Multiple Gq-coupled receptors converge on a common protein synthesis-dependent long-term depression that is affected in fragile X syndrome mental retardation - PubMed (original) (raw)

Comparative Study

Multiple Gq-coupled receptors converge on a common protein synthesis-dependent long-term depression that is affected in fragile X syndrome mental retardation

Lenora J Volk et al. J Neurosci. 2007.

Abstract

Gq-coupled, M1 muscarinic acetylcholine receptors (mAChRs) facilitate hippocampal learning, memory, and synaptic plasticity. M1 mAChRs induce long-term synaptic depression (LTD), but little is known about the underlying mechanisms of mAChR-dependent LTD and its link to cognitive function. Here, we demonstrate that chemical activation of M1 mAChRs induces LTD in hippocampal area CA1, which relies on rapid protein synthesis, as well as the extracellular signal-regulated kinase and mammalian target of rapamycin translational activation pathways.

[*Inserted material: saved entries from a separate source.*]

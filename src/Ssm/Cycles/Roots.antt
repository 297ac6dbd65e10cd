-- ===== src/Ssm/Cycles/Roots.antt =====
-- packages/ssm-compiler/src/compile.ts, `findCycles`: chains of parents, and what cutting them does.
use matchline.Base.{
  ◌≡◌, ap, ◌∙◌, inl, inr, ◌⊎◌, ℕ, zero, suc, ◌+◌, ◌≤◌, true, List, [], ◌∷◌, Option, none, some,
  ◌==◌, arith, Text, text_eq, text_beq_iff, Map, get, includes, Bool-cases, subst,
}
use matchline.Ssm.Cycles.{slice}
use matchline.Ssm.Cycles.Climb.{head_or, Linked, numbered_from}

-- Going up from the asset ends at one without a parent.
pub data ReachesRoot (up : Text → Option Text) : Text → Type 0 where
  at_root : {x : Text} → up x ≡ none → ReachesRoot up x
  through : {x : Text} (y : Text) → up x ≡ some y → ReachesRoot up y → ReachesRoot up x

-- The end of a chain: nothing, or an asset that reaches a root.
abbrev pub Ends : (Text → Option Text) → Option Text → Type 0
Ends up none = Unit
Ends up (some x) = ReachesRoot up x

-- Each asset has the parent it had, or none any more.
abbrev pub IsCutOf : (Text → Option Text) → (Text → Option Text) → Type 0
IsCutOf up before = (x : Text) → (up x ≡ none) ⊎ (up x ≡ before x)

-- A closed chain of parents.
abbrev pub IsCycle : Map Text Text → List Text → Type 0
IsCycle parent_of cycle =
    (x : Text) × (head_or cycle none ≡ some x) × Linked parent_of cycle (some x)

-- Some member has no parent any more.
abbrev pub IsBroken : (Text → Option Text) → List Text → Type 0
IsBroken up cycle = (x : Text) × (includes cycle x ≡ true) × (up x ≡ none)

module _ (parent_of : Map Text Text) (up : Text → Option Text)
    (cut : IsCutOf up (get parent_of)) where
  reaches_of_parent :
      (x : Text) (o : Option Text) → get parent_of x ≡ o → Ends up o → ReachesRoot up x
  reaches_of_parent x none e _ = elim (cut x) [ inl n ↦ at_root n | inr k ↦ at_root (k ∙ e) ]
  reaches_of_parent x (some y) e r = elim (cut x) [
    | inl n ↦ at_root n
    | inr k ↦ through y (k ∙ e) r
  ]

  -- If the end of a chain reaches a root, so does every asset of the chain.
  pub reaches_of_Linked :
      (xs : List Text) (end : Option Text)
      → Linked parent_of xs end
      → Ends up end
      → Ends up (head_or xs end)
  reaches_of_Linked [] end _ r = r
  reaches_of_Linked (x ∷ xs) end (e, l) r =
      reaches_of_parent x (head_or xs end) e (reaches_of_Linked xs end l r)

  -- A broken chain reaches a root from its first asset.
  pub reaches_of_broken :
      (xs : List Text) (end : Option Text) (w : Text)
      → Linked parent_of xs end
      → includes xs w ≡ true
      → up w ≡ none
      → Ends up (head_or xs end)
  reaches_of_broken [] end w _ i n = cc
  reaches_of_broken (x ∷ xs) end w (e, l) i n = elim (Bool-cases (x == w)) [
    | inl here ↦ at_root (ap up ((text_beq_iff x w).0 here) ∙ n)
    | inr there ↦
        reaches_of_parent x (head_or xs end) e (reaches_of_broken xs end w l (rw there at i) n)
  ]

  pub reaches_of_cycle :
      (cycle : List Text) (c : Text)
      → head_or cycle none ≡ some c
      → Linked parent_of cycle (some c)
      → IsBroken up cycle
      → ReachesRoot up c
  reaches_of_cycle [] c h l (w, i, n) = cc
  reaches_of_cycle (x ∷ xs) c h l (w, i, n) =
      subst (Ends up) h (reaches_of_broken (x ∷ xs) (some c) w l i n)

numbered_from-le :
    (xs : List Text) (n k : ℕ) (c : Text) → get (numbered_from n xs) c ≡ some k → n ≤ k
numbered_from-le [] n k c e = cc
numbered_from-le (x ∷ xs) n k c e = ground (arith, numbered_from-le xs (suc n) k c)

-- The part of a chain that starts at a numbered asset.
pub slice-Linked :
    (parent_of : Map Text Text) (xs : List Text) (end : Option Text) (n i k : ℕ) (c : Text)
    → get (numbered_from n xs) c ≡ some k
    → k ≡ i + n
    → Linked parent_of xs end
    → (head_or (slice xs i) none ≡ some c) × Linked parent_of (slice xs i) end
unfolding slice
slice-Linked parent_of [] end n i k c e s l = cc
slice-Linked parent_of (x ∷ xs) end n zero k c e s l =
    (ground (arith, numbered_from-le xs (suc n) k c, text_beq_iff x c), l)
slice-Linked parent_of (x ∷ xs) end n (suc i) k c e s (_, l) =
    slice-Linked parent_of xs end (suc n) i k c (ground arith) (omega arith) l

Synaptic stimulation of M1 mAChRs, alone, or together with the Gq-coupled glutamate receptors (mGluRs), also results in protein synthesis-dependent LTD. New proteins maintain mAChR-dependent LTD through a persistent decrease in surface AMPA receptors. mAChRs stimulate translation of the RNA-binding protein, Fragile X mental retardation protein (FMRP) and FMRP target mRNAs. In mice without FMRP (Fmr1 knock-out), a model for human Fragile X syndrome mental retardation (FXS), both mGluR- and mAChR-dependent protein synthesis and LTD are affected. Our results reveal that multiple Gq-coupled receptors converge on a common protein synthesis-dependent LTD mechanism, which is aberrant in FXS. These findings suggest novel therapeutic strategies for FXS in the form of mAChR antagonists.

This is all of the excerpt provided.